We have, in recent months, been petitioned to allow a “Doggie Daycare” in one of our downtown districts.  Our zoning reg.s allow veterinarian practices, but not kennels, in the downtown.  The key distinctions being:  A.)  Outdoor activities (fenced runs, etc.) and B.) 24-hour boarding (and attendant noises due to barking, etc.).  The petitioner asserts that the nature of a ‘doggie daycare’ is different from a kennel, in that the overnight boarding is negligible or non-existent, and that the business should therefore not be regarded as a kennel, but instead be given consideration as its own, unique type of occupancy by amending zoning laws to specifically address this use.

The questions are:

1.	Does your zoning code specifically allow this type of occupancy by right?  If so, in what zoning districts?

2.	Does your zoning code allow this type of occupancy by special permit, conditional use?  If so, what are the conditions?

I welcome all responses, and thank you in advance for your help.


----------



## mtlogcabin (Apr 26, 2010)

1. Does your zoning code specifically allow this type of occupancy by right?
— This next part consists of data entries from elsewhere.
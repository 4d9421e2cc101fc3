-- ===== src/Bids/Submit/Published.antt =====
-- What a submission puts on the topic, and how the worker reads it.
use awa_platform.Prelude.{
  ℕ, String, ◌≡◌, refl, ap, ◌∙◌, true, Option, none, some, List, ◌∷◌, str_eq, arith,
}
use awa_platform.Prelude.Int.{ℤ}
use awa_platform.Exceptions.{Result, ok, raise, ◌>>=◌}
use awa_platform.Models.Auction.{Auction}
use awa_platform.Models.User.{User}
use awa_platform.Session.{Db}
use awa_platform.Roles.{Collation, meets, get_user_roles, role_names}
use awa_platform.Bids.World.{World}
use awa_platform.Bids.Decide.{Driver, Envelope, find_auction, decide_bid}
use awa_platform.Bids.Envelope.{
  Fields, Stdlib, check_amount, check_uuids, check_object, check_loaded, parse_bid_envelope,
  read_amount, read_envelope, get, member, missing,
}
use awa_platform.Bids.Worker.{ConsumerApi, Message, decide_read, decide_fields, process}
use awa_platform.Bids.Submit.{
  or_not_found, or_not_live, Printer, BidAccepted, Submission, envelope_of, get_auction,
  get_live_auction, required_bid_roles, publish_bid, validate_bid_eligibility, submit_checked,
  submit_bid,
}

module _ {Bytes : Type 0} (lib : Stdlib Bytes) (out : Printer lib) where
  -- The worker accepts the envelope as well-formed.
  pub parse-envelope :
      (sub : Submission) (auction_id bidder_id : ℕ) (amount : ℤ)
      → let fields = envelope_of lib out sub auction_id bidder_id amount in
        parse_bid_envelope lib (out.dumps fields) ≡ ok fields
  unfolding parse_bid_envelope check_loaded check_object check_uuids check_amount missing member get
  parse-envelope sub auction_id bidder_id amount =
      simp (out.loads-dumps, out.decimal-str, out.uuid_of_str-str)

  -- It reads the numbers that the endpoint has written.
  pub read-envelope :
      (sub : Submission) (auction_id bidder_id : ℕ) (amount : ℤ)
      → read_envelope lib (envelope_of lib out sub auction_id bidder_id amount)
        ≡ ok (record {
          bid_id = sub.bid_id;
          auction_id = auction_id;
          bidder_id = bidder_id;
          amount = amount;
        })
  unfolding read_envelope get member read_amount
  read-envelope sub auction_id bidder_id amount = simp (out.uuid-str, out.decimal-str)

  module _ {C : Type 0} (api : ConsumerApi C) (driver : Driver) where
    decide_read_fields :
        (m : Message Bytes) (fields : Fields) (env : Envelope) (w : World)
        → read_envelope lib fields ≡ ok env
        → decide_fields lib api driver m (ok fields) w
          ≡ decide_bid driver m.faults m.decided_at env m.partition m.offset w
    unfolding decide_fields decide_read
    decide_read_fields m fields env w h = ap (λ r. decide_read lib api driver m r w) h

    -- A message with a submitted envelope is decided as the bid that was submitted.
    pub process-envelope :
        (sub : Submission) (auction_id bidder_id : ℕ) (amount : ℤ) (m : Message Bytes) (w : World)
        → m.value ≡ out.dumps (envelope_of lib out sub auction_id bidder_id amount)
        → process lib api driver m w
          ≡ decide_bid driver m.faults m.decided_at
              (record {
                bid_id = sub.bid_id;
                auction_id = auction_id;
                bidder_id = bidder_id;
                amount = amount;
              })
              m.partition
              m.offset
              w
    unfolding process
    process-envelope sub auction_id bidder_id amount m w h =
        let fields = envelope_of lib out sub auction_id bidder_id amount in
        ap (λ r. decide_fields lib api driver m r w)
          (ap (λ v. parse_bid_envelope lib v) h ∙ parse-envelope sub auction_id bidder_id amount)
        ∙ decide_read_fields m fields _ w (read-envelope sub auction_id bidder_id amount)

  -- What an accepted submission has checked and written.
  unfoldable pub IsPublished :
      Collation
      → Submission
      → Db
      → ℕ
      → User
      → ℤ
      → List (String × Bytes)
      → List (String × Bytes)
      → Type 0
  IsPublished col sub db auction_id user amount topic topic' =
      ((auction : Auction) × (find_auction auction_id db ≡ some auction)
        × (str_eq auction.status "live" ≡ true))
      × (meets (role_names (get_user_roles col user.id db)) required_bid_roles ≡ true)
      × (topic'
          ≡ (out.str_uuid auction_id, out.dumps (envelope_of lib out sub auction_id user.id amount))
            ∷ topic)

  then_ok :
      (r : Result Auction) (k : Result (Unit {0}))
      → (r >>= λ a. k) ≡ ok tt
      → ((a : Auction) × (r ≡ ok a)) × (k ≡ ok tt)
  then_ok (ok a) k h = ((a, refl), h)
  then_ok (raise e) k h = absurd (cc)

  found_live :
      (id : ℕ) (o : Option Auction) (a : Auction)
      → (or_not_found id o >>= or_not_live id) ≡ ok a
      → (o ≡ some a) × (str_eq a.status "live" ≡ true)
  found_live id none a h = absurd (cc)
  found_live id (some b) a h = ground arith

  eligible :
      (names : List String)
      → validate_bid_eligibility names ≡ ok tt
      → meets names required_bid_roles ≡ true
  unfolding validate_bid_eligibility
  eligible names h = ground arith

  published_ok :
      (sub : Submission) (auction_id bidder_id : ℕ) (amount : ℤ) (topic : List (String × Bytes))
      (acc : BidAccepted)
      → (publish_bid lib out sub auction_id bidder_id amount topic).0 ≡ ok acc
      → (publish_bid lib out sub auction_id bidder_id amount topic).1
        ≡ (out.str_uuid auction_id, out.dumps (envelope_of lib out sub auction_id bidder_id amount))
          ∷ topic
  unfolding publish_bid
  published_ok sub auction_id bidder_id amount topic acc h = ground arith

  checked_ok :
      (r : Result (Unit {0})) (sub : Submission) (auction_id bidder_id : ℕ) (amount : ℤ)
      (topic : List (String × Bytes)) (acc : BidAccepted)
      → (submit_checked lib out r sub auction_id bidder_id amount topic).0 ≡ ok acc
      → (r ≡ ok tt)
        × ((submit_checked lib out r sub auction_id bidder_id amount topic).1
            ≡ (
              out.str_uuid auction_id,
              out.dumps (envelope_of lib out sub auction_id bidder_id amount),
            )
              ∷ topic)
  unfolding submit_checked
  checked_ok (raise e) sub auction_id bidder_id amount topic acc h = absurd (cc)
  checked_ok (ok u) sub auction_id bidder_id amount topic acc h =
      (refl, published_ok sub auction_id bidder_id amount topic acc h)

  -- A submission that returns was for an auction that is live, by a user who holds a role that may
  -- bid, and it has put one message on the topic, whose key is the auction.
  pub submit_bid-IsPublished :
      (col : Collation) (sub : Submission) (db : Db) (auction_id : ℕ) (user : User) (amount : ℤ)
      (topic : List (String × Bytes)) (acc : BidAccepted)
      → (submit_bid lib out col sub db auction_id user amount topic).0 ≡ ok acc
      → IsPublished col sub db auction_id user amount topic
          (submit_bid lib out col sub db auction_id user amount topic).1
  unfolding submit_bid get_live_auction get_auction IsPublished
  submit_bid-IsPublished col sub db auction_id user amount topic acc h =
      let names = role_names (get_user_roles col user.id db) in
      let (r_ok, written) =
        checked_ok (get_live_auction auction_id db >>= λ a. validate_bid_eligibility names) sub
          auction_id user.id amount topic acc h in
      let ((a, live), may) =
        then_ok (get_live_auction auction_id db) (validate_bid_eligibility names) r_ok in
      let (found, is_live) = found_live auction_id (find_auction auction_id db) a live in
      ((a, found, is_live), eligible names may, written)
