-- ===== src/Bids/Submit/Tests.antt =====
-- A submission on a topic whose numbers are written in unary.
use Prim.Native.String.{[] as nil, ◌∷◌ as push, count}
use text.Mathlib.TextLemmas.{length-nil, length-cons}
use awa_platform.Prelude.{
  ℕ, zero, suc, String, ◌+◌, ◌≡◌, refl, ap, ◌∙◌, true, false, Option, none, some, [], ◌∷◌, arith,
  str_eq, if◌then◌else◌, ◌==◌,
}
use awa_platform.Prelude.Int.{ℤ, pos, negsuc}
use awa_platform.Exceptions.{ok, raise, value_error}
use awa_platform.Models.User.{User}
use awa_platform.Session.{Db, empty_db}
use awa_platform.Roles.{Collation, get_user_roles, meets}
use awa_platform.Bids.World.{World, Faults}
use awa_platform.Bids.Tests.{server}
use awa_platform.Bids.Decide.{decide_bid}
use awa_platform.Bids.Envelope.{
  Json, string, Loaded, loaded, object, Number, number, bad_type, Stdlib,
}
use awa_platform.Bids.Worker.{ConsumerApi, Message, process}
use awa_platform.Bids.Submit.{
  Printer, Submission, envelope_of, publish_bid, submit_checked, submit_bid, get_auction,
  get_live_auction, validate_bid_eligibility,
}
use awa_platform.Bids.Submit.Published.{IsPublished, process-envelope, submit_bid-IsPublished}

unfoldable pub unary : ℕ → String
unary zero = nil
unary (suc n) = push "a" (unary n)

pub count-unary : (n : ℕ) → count (unary n) ≡ n
unfolding unary
count-unary zero = length-nil
count-unary (suc n) = length-cons "a" (unary n) ∙ ap suc (count-unary n) ∙ omega arith

abbrev uuid_of : Json → Option ℕ
uuid_of (string s) = some (count s)
uuid_of _ = none

abbrev written : ℤ → String
written (pos n) = push "p" (unary n)
written (negsuc n) = push "n" (unary n)

abbrev signed : String → Number
signed nil = bad_type
signed (push c s) = number (if str_eq (push c nil) "p" then pos (count s) else negsuc (count s))

abbrev decimal_of : Json → Number
decimal_of (string s) = signed s
decimal_of _ = bad_type

abbrev pub python : Stdlib Loaded
python = record {
  loads = λ x. x;
  decimal = decimal_of;
  uuid_of_str = uuid_of;
  uuid = λ v. elim (uuid_of v) [ none ↦ raise value_error | some n ↦ ok n ];
}

pub signed-written : (x : ℤ) → signed (written x) ≡ number x
signed-written (pos n) = ap (λ k. number (pos k)) (count-unary n)
signed-written (negsuc n) = ap (λ k. number (negsuc k)) (count-unary n)

abbrev pub printer : Printer python
printer = record {
  dumps = λ fields. loaded (object fields);
  str_uuid = unary;
  str_decimal = written;
  isoformat = unary;
  loads-dumps = λ fields. refl;
  uuid-str = λ n. ap ok (count-unary n);
  uuid_of_str-str = λ n. ap some (count-unary n);
  decimal-str = signed-written;
}

abbrev pub bidder : User
bidder = record {
  id = 3;
  email = "";
  password_hash = "";
  first_name = "";
  last_name = "";
  phone = none;
  primary_role_id = 1;
  is_active = true;
  is_email_verified = true;
  failed_login_attempts = 0;
  locked_until = none;
  last_login_at = none;
}

abbrev pub db_with : String → Db
db_with role_name = record empty_db {
  users = bidder ∷ [];
  roles = record { id = 1; name = role_name; description = none; is_active = true } ∷ [];
  user_roles = record { id = 10; user_id = 3; role_id = 1; assigned_at = 0 } ∷ [];
  auctions =
      record {
        id = 7;
        vehicle_id = 1;
        status = "live";
        starting_price = pos 100;
        reserve_price = none;
        starts_at = 0;
        ends_at = 10;
      }
      ∷ [];
}

abbrev pub unsorted : Collation
unsorted = record { by_name = λ roles. roles; any-by_name = λ p roles. refl }

abbrev pub new_bid : Submission
new_bid = record { bid_id = 1; submitted_at = 5; kafka_fails = false; appended = false }

abbrev calm : Faults
calm = record {
  eval_fails = false;
  eval_runs = false;
  publish_fails = false;
  publish_runs = false;
  kafka_fails = false;
  kafka_runs = false;
}

abbrev consumer : ConsumerApi ((ℕ → ℕ) × (ℕ → ℕ))
consumer = record {
  position = λ c. c.0;
  committed = λ c. c.1;
  deliver = λ c p o. ((λ q. if q == p then o + 1 else c.0 q), c.1);
  commit = λ c. (c.0, c.0);
  failed_commit = λ c. c;
  position_deliver = λ c p o q. refl;
  committed_deliver = λ c p o q. refl;
  position_commit = λ c q. refl;
  committed_commit = λ c q. refl;
}

abbrev delivered : Message Loaded
delivered = record {
  value = loaded (object (envelope_of python printer new_bid 7 3 (pos 150)));
  partition = 0;
  offset = 4;
  faults = calm;
  decided_at = 9;
  shutdown = false;
  commit_fails = false;
}

abbrev start : World
start = record { db = db_with "Buyer"; cache = []; updates = []; results = [] }

process-envelope_example :
    process python consumer (server none) delivered start
    ≡ decide_bid
        (server none)
        calm
        9
        (record { bid_id = 1; auction_id = 7; bidder_id = 3; amount = pos 150 })
        0
        4
        start
process-envelope_example =
    process-envelope python printer consumer (server none) new_bid 7 3 (pos 150) delivered start
      refl

submit_bid-IsPublished_example :
    IsPublished python printer unsorted new_bid
      (db_with "Buyer")
      7
      bidder
      (pos 150)
      []
      (submit_bid python printer unsorted new_bid (db_with "Buyer") 7 bidder (pos 150) []).1
unfolding submit_bid submit_checked publish_bid get_live_auction get_auction
    validate_bid_eligibility get_user_roles meets
submit_bid-IsPublished_example =
    submit_bid-IsPublished python printer unsorted new_bid (db_with "Buyer") 7 bidder (pos 150) []
      (record { bid_id = 1; auction_id = 7; submitted_at = 5 }) refl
NO

2. Does your zoning code allow this type of occupancy by special permit, conditional use? NO

Zoning went thru this same discussion with someone about 2 weeks ago. It was denied


----------



## Yankee (Apr 26, 2010)

Is there anything educational going on with these dogs? How old are they, how many of them are there? Does each kennel or "playspace" have a door that leads directly to the outdoors?


----------



## RJJ (Apr 26, 2010)

I just approved one. Zoning ordinance allows as a service shop! Condition of CO. Dogs are to be fence and attended to while in the yard. This dog care actually walks the dogs a few at a time. We will see how it plays out.


----------



## JBI (Apr 26, 2010)

Code Neo - There is probably some language in your Zoning Code to allow a determination of what use it most closely resembles for regulatory purposes.

In the alternative, there may be restrictive language that basically says if it's not listed, it's not allowed...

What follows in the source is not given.